Ни одна отповедь, никакие крики или обвинения не произвели бы на Гермиону столь сильного эффекта, как эта короткая речь, произнесённая ровным тоном с благожелательной улыбкой. Это было даже не ведро ледяной воды — её как будто нагой бросили в сугроб. Сердце сжалось, дыхание оборвалось.

— Я не желала вас оскорбить, — выдавила она сквозь силу, пальцы дёрнулись схватить бокал, но она сдержала порывистое движение — будет слишком заметно и очевидно.

— Разве? — уточнил Майкрофт. Гермиона не нашла ответа, и он снова заговорил: — От Шерлока вас отличает значительно более развитая эмпатия, — а потом добавил, отпив воды: — И вы меня не оскорбили.

Гермиона сжала ножку бокала, сделала несколько глотков и снова взялась за еду. Это будет долгий, воистину долгий ужин.

Индейка — у нее в тарелке была именно индейка — была нежной и пряной. Гермиона попыталась сосредоточиться на этом вкусе, но концентрация сбивалась. И тогда она осторожно спросила:

— Как вам это удаётся? — спросила она, скорее обращаясь к своим мыслям, чем к нему.

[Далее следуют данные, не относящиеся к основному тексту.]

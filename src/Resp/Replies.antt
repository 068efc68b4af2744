-- ===== src/Resp/Replies.antt =====
-- The replies that the serializers of RESPParser.cpp write, as a client reads them.
use dist_cache.Prelude.{
  ℕ, suc, ◌+◌, ◌-◌, ◌*◌, ◌≡◌, refl, List, [], ◌∷◌, ◌++◌, some, arith, All, length, append_assoc,
  ◌∙◌, ap,
}
use dist_cache.Prelude.Int.{ℤ, pos, negsuc}
use dist_cache.Text.{Text}
use dist_cache.Text.Lines.{Lacks}
use dist_cache.Text.Decimal.{to_string}
use dist_cache.Text.Numerals.{IsDigit, value, Spells, to_string-Spells}
use dist_cache.Resp.{
  crlf, serialize, serialize_error, serialize_integer, serialize_bulk, serialize_nil,
  serialize_array, serialize_items, to_string_ℤ,
}
use dist_cache.Resp.Reader.{
  Reply, status, failure, integer, bulk, nil, array, encode, expect, line_end, read_line,
  read_number, take_exact, decode_bulk, decode_items, decode_integer, decode_bulk_or_nil, decode,
}

-- A status or an error has no carriage return; the other replies may hold any bytes.
abbrev pub IsClean : Reply → Type 0
IsClean (status t) = Lacks b'\r' t
IsClean (failure t) = Lacks b'\r' t
IsClean _ = Unit {0}

read_line-line : (t rest : Text) → Lacks b'\r' t → read_line (t ++ (crlf ++ rest)) ≡ some (t, rest)
unfolding read_line
read_line-line [] rest h = unfold line_end expect in refl
read_line-line (c ∷ t) rest h = ground (arith, h.0, read_line-line t rest h.1)

read_number-digits :
    (acc : ℕ) (t rest : Text)
    → All IsDigit t
    → read_number acc (t ++ (crlf ++ rest)) ≡ some (value acc t, rest)
unfolding read_number
read_number-digits acc [] rest h = unfold line_end expect in refl
read_number-digits acc (c ∷ t) rest h =
    ground (arith, h.0, read_number-digits (acc * 10 + (c - b'0')) t rest h.1)

read_number-to_string :
    (n : ℕ) (rest : Text) → read_number 0 (to_string n ++ (crlf ++ rest)) ≡ some (n, rest)
read_number-to_string n rest =
    let s = to_string-Spells n in
    rw (read_number-digits 0 (to_string n) rest s.digits, s.number) refl

take_exact-append : (t rest : Text) → take_exact (length t) (t ++ rest) ≡ some (t, rest)
unfolding take_exact
take_exact-append [] rest = refl
take_exact-append (c ∷ t) rest = ground (arith, take_exact-append t rest)

decode_bulk-body :
    (t rest : Text)
    → decode_bulk (to_string (length t) ++ (crlf ++ (t ++ (crlf ++ rest)))) ≡ some (t, rest)
unfolding decode_bulk
decode_bulk-body t rest =
    rw (read_number-to_string (length t) (t ++ (crlf ++ rest)), take_exact-append t (crlf ++ rest))
      (unfold line_end expect in refl)

-- What follows a bulk string moves inside the frame.
frame_assoc :
    (n t rest : Text) → (n ++ (crlf ++ (t ++ crlf))) ++ rest ≡ n ++ (crlf ++ (t ++ (crlf ++ rest)))
frame_assoc n t rest =
    append_assoc n (crlf ++ (t ++ crlf)) rest
    ∙ ap (λ s. n ++ (crlf ++ s)) (append_assoc t crlf rest)

decode_items-items :
    (items : List Text) (rest : Text)
    → decode_items (length items) (serialize_items items ++ rest) ≡ some (items, rest)
unfolding decode_items serialize_bulk expect
decode_items-items [] rest = refl
decode_items-items (t ∷ items) rest =
    let n = to_string (length t) in
    rw
      (
        append_assoc (n ++ (crlf ++ (t ++ crlf))) (serialize_items items) rest,
        frame_assoc n t (serialize_items items ++ rest),
        decode_bulk-body t (serialize_items items ++ rest),
        decode_items-items items rest,
      )
      refl

decode_integer-digits :
    (n : ℕ) (t rest : Text) → Spells n t → decode_integer (t ++ (crlf ++ rest)) ≡ some (pos n, rest)
unfolding decode_integer
decode_integer-digits n [] rest s = absurd (s.any refl)
decode_integer-digits n (c ∷ t) rest s =
    ground (arith, s.digits.0, s.number, read_number-digits 0 (c ∷ t) rest s.digits)

decode_integer-to_string :
    (z : ℤ) (rest : Text) → decode_integer (to_string_ℤ z ++ (crlf ++ rest)) ≡ some (z, rest)
decode_integer-to_string (pos n) rest =
    decode_integer-digits n (to_string n) rest (to_string-Spells n)
decode_integer-to_string (negsuc n) rest =
    unfold decode_integer in rw (read_number-to_string (suc n) rest) refl

-- The first byte of a length is not the sign of the null.
decode_bulk_or_nil-digits :
    (n : ℕ) (t s rest body : Text)
    → Spells n t
    → decode_bulk (t ++ s) ≡ some (body, rest)
    → decode_bulk_or_nil (t ++ s) ≡ some (bulk body, rest)
unfolding decode_bulk_or_nil
decode_bulk_or_nil-digits n [] s rest body p h = absurd (p.any refl)
decode_bulk_or_nil-digits n (c ∷ t) s rest body p h = ground (arith, p.digits.0, h)

-- A client that reads what a serializer writes gets the reply back, and reads no further than its
-- end, whatever follows. A status or an error has no carriage return; the bulk strings and the
-- items of an array may hold any bytes.
pub decode-encode :
    (r : Reply) (rest : Text) → IsClean r → decode (encode r ++ rest) ≡ some (r, rest)
unfolding decode
decode-encode (status t) rest h =
    unfold serialize in rw (append_assoc t crlf rest, read_line-line t rest h) refl
decode-encode (failure t) rest h =
    unfold serialize_error in rw (append_assoc t crlf rest, read_line-line t rest h) refl
decode-encode (integer z) rest h =
    unfold serialize_integer in
    rw (append_assoc (to_string_ℤ z) crlf rest, decode_integer-to_string z rest) refl
decode-encode (bulk t) rest h =
    unfold serialize_bulk in
    rw (frame_assoc (to_string (length t)) t rest) (
      decode_bulk_or_nil-digits (length t) (to_string (length t)) _ rest t
        (to_string-Spells (length t)) (decode_bulk-body t rest))
decode-encode nil rest h = unfold serialize_nil decode_bulk_or_nil expect line_end in refl
decode-encode (array items) rest h =
    unfold serialize_array in
    let n = to_string (length items) in
    rw
      (
        append_assoc n (crlf ++ serialize_items items) rest,
        read_number-to_string (length items) (serialize_items items ++ rest),
        decode_items-items items rest,
      )
      refl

— Это?.. — он наверняка понял, что она имела в виду, но предпочёл сыграть недоумение. Гермиона отложила вилку и нож, отпила воды и пояснила:

— Просчитывать.

Он чуть наклонил голову, показывая, что оценил её наблюдательность и способность делать выводы. Если бы они играли, этот кивок означал бы, что его впечатлил ход соперника. Вот только Гермиона давно перестала играть.